Definitely the size I'm looking for, although it is on the expensive side since I'm sure it's primary use is guitar. Although I'm sure finding one specifically made for midi that size won't be an easy task. Thanks for the recommendation. 

What's everybody else using?


----------



## Zanshin (Sep 19, 2020)

I have three Moog EP-3s. Price is right and they work. Have never compared them to anything else because I never felt the need to get anything else after the first one.

My use has been with extensive guitar pedal collection and Moog Subsequent 37.


----------



## Polkasound (Sep 19, 2020)

dylanmixer said:


> Definitely the size I'm looking for, although it is on the expensive side since I'm sure it's primary use is guitar. Although I'm sure finding one specifically made for midi that size won't be an easy task.



No, it's not a guitar pedal; it's strictly expression. The high cost of the pedal is apparently due to the rugged construction. If cost is a concern, you can always look for a used one on eBay.

Besides the Ernie Ball, I also have a Boss FV-500L and a couple Yamaha FC-7s. They work great, but they're not small pedals.


----------



## wst3 (Sep 20, 2020)

I now have two Mission Engineering expression pedals, one for the Line6 Helix, and one for several of my Pigtronix pedals. I'm going to be replacing the rest of my expression pedals (Yamaha, Boss/Roland, etc) with Mission pedals as money allows. They are built like tanks, and they just "feel" right (to me).

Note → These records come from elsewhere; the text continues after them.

-- ===== src/Broker/Router.antt =====
-- internal/broker/router.go: a request becomes a plan by policy, and a plan is verified by planning
-- again. Package time is the interface `Calendar`; each call of time.Now is an argument.
pub mod Shape
pub mod Selected
pub mod Carries
pub mod Again
pub mod Verify
pub mod Complete
pub mod Windows
pub mod Live
pub mod Ahead
pub mod Honours
pub mod Valid
use mathlib.Core.List.{map}
use sroiaaa.Base.{
  ℕ, suc, ◌+◌, ◌*◌, Bool, true, false, not, ◌&&◌, ◌||◌, Option, none, some, List, [], ◌∷◌,
  if◌then◌else◌, ltb, leb, ◌==◌, Result, ok, err, ◌>>=◌, ◌>>◌, refuse_if, or_fail,
}
use sroiaaa.Base.Int.{ℤ, pos, eq_nat}
use sroiaaa.Base.Text.{Text, UnicodeTables, is_empty, trim_space, lookup, member}
use sroiaaa.Broker.Types.{
  Intent, fleet_inventory, agent_status, monitoring_problems, live_evidence, database_query,
  monitoring_history, tickets_open, tickets_by_host, other, Source, wazuh_api, zabbix_api,
  sroiaaa_agent, pegasus_db, request_tracker, agents_list, agents_status, trigger_get, event_get,
  query_execute, operations_execute, tickets_search, unset, RouteRequest, RouteStep, RoutePlan,
  HostPolicy, Resource, Policy, RouteError, invalid_since, invalid_until, invalid_request,
  invalid_host, invalid_resource, invalid_query, missing_host, missing_resource, missing_since,
  unknown_intent, host_not_authorized, resource_not_authorized, invalid_plan, plan_not_authorized,
  empty_request, empty_step, RoutePlan-discrete,
}
use sroiaaa.Broker.Policy.{
  PolicyFault, no_live_hosts, no_resources, present, validate_policy, validate_host_selector,
  validate_resource_name,
}
use sroiaaa.Broker.Sql.{validate_query, max_query_rows}
use sroiaaa.Broker.Monitoring.{Selectors, monitoring_selectors}
use sroiaaa.Broker.Since.{Instant, Calendar, zero_time, parse_since, parse_until}

abbrev pub plan_version : ℕ
plan_version = 1

abbrev pub fleet_inventory_limit : ℕ
fleet_inventory_limit = 500

abbrev pub ticket_search_limit : ℕ
ticket_search_limit = 100

pub record Router : Type 0 where
  pub live_hosts : List (Text × List Text)
  pub resources : List (Text × Resource)

abbrev pub aliases_of : Text × HostPolicy → Text × List Text
aliases_of (host, policy) = (host, policy.resources)

unfoldable pub new_router : UnicodeTables → Policy → Result PolicyFault Router
new_router tables policy = do
  validate_policy tables policy
  live_hosts ← present policy.live_hosts no_live_hosts
  resources ← present policy.resources no_resources
  ok (record { live_hosts = map aliases_of live_hosts; resources = resources })

-- The bounds as a step carries them: RFC 3339, or "" where there is none.
pub record Window : Type 0 where
  pub since : Text
  pub until : Text

abbrev pub new_plan : Intent → RouteStep → RoutePlan
new_plan intent step = record { version = pos plan_version; intent = intent; steps = step ∷ [] }

abbrev pub has_selectors : RouteRequest → Bool
has_selectors request =
    not (is_empty request.match)
    || not (is_empty request.severity)
    || not (is_empty request.state)
    || not (eq_nat request.limit 0)

abbrev pub takes_selectors : Intent → Bool
takes_selectors monitoring_problems = true
takes_selectors monitoring_history = true
takes_selectors _ = false

-- `request.Host != "" || request.Resource != ""`, and the same of the window.
abbrev pub names_target : RouteRequest → Bool
names_target request = not (is_empty request.host) || not (is_empty request.resource)

abbrev pub has_window : RouteRequest → Bool
has_window request = not (is_empty request.since) || not (is_empty request.until)

-- The zero Resource, which a map gives for a missing key.
abbrev pub resource_or_zero : Option Resource → Resource
resource_or_zero none = record { operation = unset; path = []; params = none }
resource_or_zero (some r) = r

abbrev pub live_step : Text → Resource → RouteStep
live_step host resource = record (empty_step sroiaaa_agent operations_execute) {
  host = host;
  operation = resource.operation;
  target = some resource.path;
  params = resource.params;
}

abbrev pub problems_step : Window → RouteRequest → Selectors → RouteStep
problems_step window request chosen = record (empty_step zabbix_api trigger_get) {
  host = request.host;
  limit = chosen.limit;
  since = window.since;
  until = window.until;
  match = chosen.match;
  severity = chosen.severity;
}

abbrev pub history_step : Window → RouteRequest → Selectors → RouteStep
history_step window request chosen = record (empty_step zabbix_api event_get) {
  host = request.host;
  limit = chosen.limit;
  since = window.since;
  until = window.until;
  match = chosen.match;
  severity = chosen.severity;
  state = chosen.state;
}

-- The requests that could have made a plan whose first step is `step`.
abbrev pub live_requests : Intent → Text → Option (List Text) → List RouteRequest
live_requests intent host none = []
live_requests intent host (some allowed) =
    map (λ alias. record (empty_request intent) { host = host; resource = alias }) allowed

-- The selectors are carried in the plan as they are, and read back.
abbrev pub monitoring_request : Intent → RouteStep → RouteRequest
monitoring_request intent step = record (empty_request intent) {
  host = step.host;
  since = step.since;
  until = step.until;
  match = step.match;
  severity = step.severity;
  state = step.state;
  limit = step.limit;
}

unfoldable pub candidate_requests : Router → Intent → RouteStep → List RouteRequest
candidate_requests r fleet_inventory step = empty_request fleet_inventory ∷ []
candidate_requests r agent_status step =
    record (empty_request agent_status) { host = step.host } ∷ []
candidate_requests r database_query step =
    record (empty_request database_query) { query = step.query } ∷ []
candidate_requests r live_evidence step =
    live_requests live_evidence step.host (lookup step.host r.live_hosts)
candidate_requests r tickets_open step =
    record (empty_request tickets_open) { since = step.since; until = step.until } ∷ []
candidate_requests r tickets_by_host step =
    record (empty_request tickets_by_host) {
      host = step.host;
      since = step.since;
      until = step.until;
    }
    ∷ []
candidate_requests r (other s) step = []
candidate_requests r monitoring_problems step = monitoring_request monitoring_problems step ∷ []
candidate_requests r monitoring_history step = monitoring_request monitoring_history step ∷ []

module _ (tables : UnicodeTables) (cal : Calendar) where
  unfoldable pub valid_host : Text → Result RouteError (Unit {0})
  valid_host host = or_fail (validate_host_selector tables host) invalid_host

  abbrev pub format_bound : Instant → Text
  format_bound t = if t == zero_time then [] else cal.format_rfc3339 t

  -- The window of a request; the clock is read once for each bound.
  unfoldable pub parse_window : Instant → Instant → RouteRequest → Result RouteError Window
  parse_window now_since now_until request = do
    since ← or_fail (parse_since tables cal request.since now_since) invalid_since
    until ← or_fail (parse_until tables cal request.until now_until) invalid_until
    refuse_if (not (since == zero_time) && not (until == zero_time) && leb until since)
        invalid_until
    ok (record { since = format_bound since; until = format_bound until })

  unfoldable pub require_host_only : RouteRequest → Result RouteError (Unit {0})
  unfolding valid_host
  require_host_only request = do
    refuse_if (is_empty request.host) missing_host
    refuse_if (not (is_empty request.resource)) invalid_request
    valid_host request.host

  -- A host selector that may be left out.
  unfoldable pub optional_host : Text → Result RouteError (Unit {0})
  unfolding valid_host
  optional_host host = if is_empty host then ok tt else valid_host host

  -- The alias among those of the host.
  abbrev pub authorize : Option (List Text) → Text → Result RouteError (Unit {0})
  authorize none alias = err host_not_authorized
  authorize (some allowed) alias = refuse_if (not (member alias allowed)) resource_not_authorized

  unfoldable pub live_evidence_step : Router → RouteRequest → Result RouteError RouteStep
  unfolding valid_host
  live_evidence_step r request = do
    refuse_if (is_empty request.host) missing_host
    valid_host request.host
    refuse_if (is_empty request.resource) missing_resource
    or_fail (validate_resource_name tables request.resource) invalid_resource
    refuse_if (has_window request) invalid_request
    authorize (lookup request.host r.live_hosts) request.resource
    let resource = resource_or_zero (lookup request.resource r.resources)
    ok (live_step request.host resource)

  -- The second `switch request.Intent` of Plan. Every branch that succeeds returns
  -- `newPlan(request.Intent, step)`; the step is made here, and `plan` wraps it.
  unfoldable pub step_for : Router → Window → Intent → RouteRequest → Result RouteError RouteStep
  unfolding require_host_only optional_host live_evidence_step
  step_for r window fleet_inventory request = do
    refuse_if (names_target request) invalid_request
    refuse_if (has_window request) invalid_request
    ok (record (empty_step wazuh_api agents_list) { limit = pos fleet_inventory_limit })
  step_for r window agent_status request = do
    require_host_only request
    refuse_if (has_window request) invalid_request
    ok (record (empty_step wazuh_api agents_status) { host = request.host })
  step_for r window monitoring_problems request = do
    refuse_if (not (is_empty request.resource)) invalid_request
    optional_host request.host
    chosen ← monitoring_selectors tables request false
    ok (problems_step window request chosen)
  step_for r window database_query request = do
    refuse_if (names_target request) invalid_request
    refuse_if (has_window request) invalid_request
    or_fail (validate_query tables request.query) invalid_query
    ok (record (empty_step pegasus_db query_execute) {
      query = trim_space request.query;
      limit = pos max_query_rows;
    })
  step_for r window monitoring_history request = do
    refuse_if (not (is_empty request.resource)) invalid_request
    optional_host request.host
    refuse_if (is_empty window.since) missing_since
    chosen ← monitoring_selectors tables request true
    ok (history_step window request chosen)
  step_for r window live_evidence request = live_evidence_step r request
  step_for r window tickets_open request = do
    refuse_if (names_target request) invalid_request
    ok (record (empty_step request_tracker tickets_search) {
      limit = pos ticket_search_limit;
      since = window.since;
      until = window.until;
    })
  step_for r window tickets_by_host request = do
    require_host_only request
    ok (record (empty_step request_tracker tickets_search) {
      host = request.host;
      limit = pos ticket_search_limit;
      since = window.since;
      until = window.until;
    })
  step_for r window (other s) request = err unknown_intent

  unfoldable pub plan : Router → Instant → Instant → RouteRequest → Result RouteError RoutePlan
  plan r now_since now_until request = do
    window ← parse_window now_since now_until request
    refuse_if (not (takes_selectors request.intent) && has_selectors request) invalid_request
    step ← step_for r window request.intent request
    ok (new_plan request.intent step)

  -- reflect.DeepEqual(produced, plan), where planning succeeded.
  abbrev pub produces : Result RouteError RoutePlan → RoutePlan → Bool
  produces (err e) p = false
  produces (ok produced) p = elim (RoutePlan-discrete produced p) [ yes _ ↦ true | no _ ↦ false ]

  -- The loop of Verify: the clock is read twice for each candidate, `clock k` the k-th time.
  unfoldable pub verify_candidates :
      Router → (ℕ → Instant) → ℕ → RoutePlan → List RouteRequest → Result RouteError (Unit {0})
  verify_candidates r clock k p [] = err plan_not_authorized
  verify_candidates r clock k p (candidate ∷ rest) =
      let later = verify_candidates r clock (k + 2) p rest in
      if produces (plan r (clock k) (clock (k + 1)) candidate) p then ok tt else later

  unfoldable pub verify_steps :
      Router → (ℕ → Instant) → RoutePlan → List RouteStep → Result RouteError (Unit {0})
  unfolding verify_candidates
  verify_steps r clock p [] = err invalid_plan
  verify_steps r clock p (step ∷ steps) =
      verify_candidates r clock 0 p (candidate_requests r p.intent step)

  unfoldable pub verify : Router → (ℕ → Instant) → RoutePlan → Result RouteError (Unit {0})
  unfolding verify_steps
  verify r clock p = verify_steps r clock p p.steps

Not cheap, definitely worth checking out if you can!


----------



## dylanmixer (Sep 20, 2020)

Polkasound said:


> No, it's not a guitar pedal; it's strictly expression. The high cost of the pedal is apparently due to the rugged construction. If cost is a concern, you can always look for a used one on eBay.
> 
> Besides the Ernie Ball, I also have a Boss FV-500L and a couple Yamaha FC-7s. They work great, but they're not small pedals.


Cool, thanks, I'll check out some used ones. Not sure if could justify spending $100+ just for some MIDI CC control.


----------



## TGV (Sep 20, 2020)

I use this one: https://www.thomann.de/gb/maudio_expression_pedal.htm?sid=4acc6285a5f3231faa8636d553a0f4e6

It isn't small, but it's cheap, and its action is good enough for me.


----------



## KMA (Sep 20, 2020)

I've tried loads of them, but the smallest footprint expression pedal with the longest throw and solid construction is the Yamaha FC7.


----------



## dylanmixer (Sep 25, 2020)

So I ended up going with the Yamaha FC7. I plug it in, and it seems that the entire range exists in the bottom half of the pedal and it jumps from like 60% to 100% immediately as I reach the top. Any ideas on how to fix this?


----------



## Virtuoso (Sep 25, 2020)

Mine doesn't do that. Other than a small dead zone of maybe 5% at either end it sweeps smoothly from 0-127 (just tested it in Pianoteq).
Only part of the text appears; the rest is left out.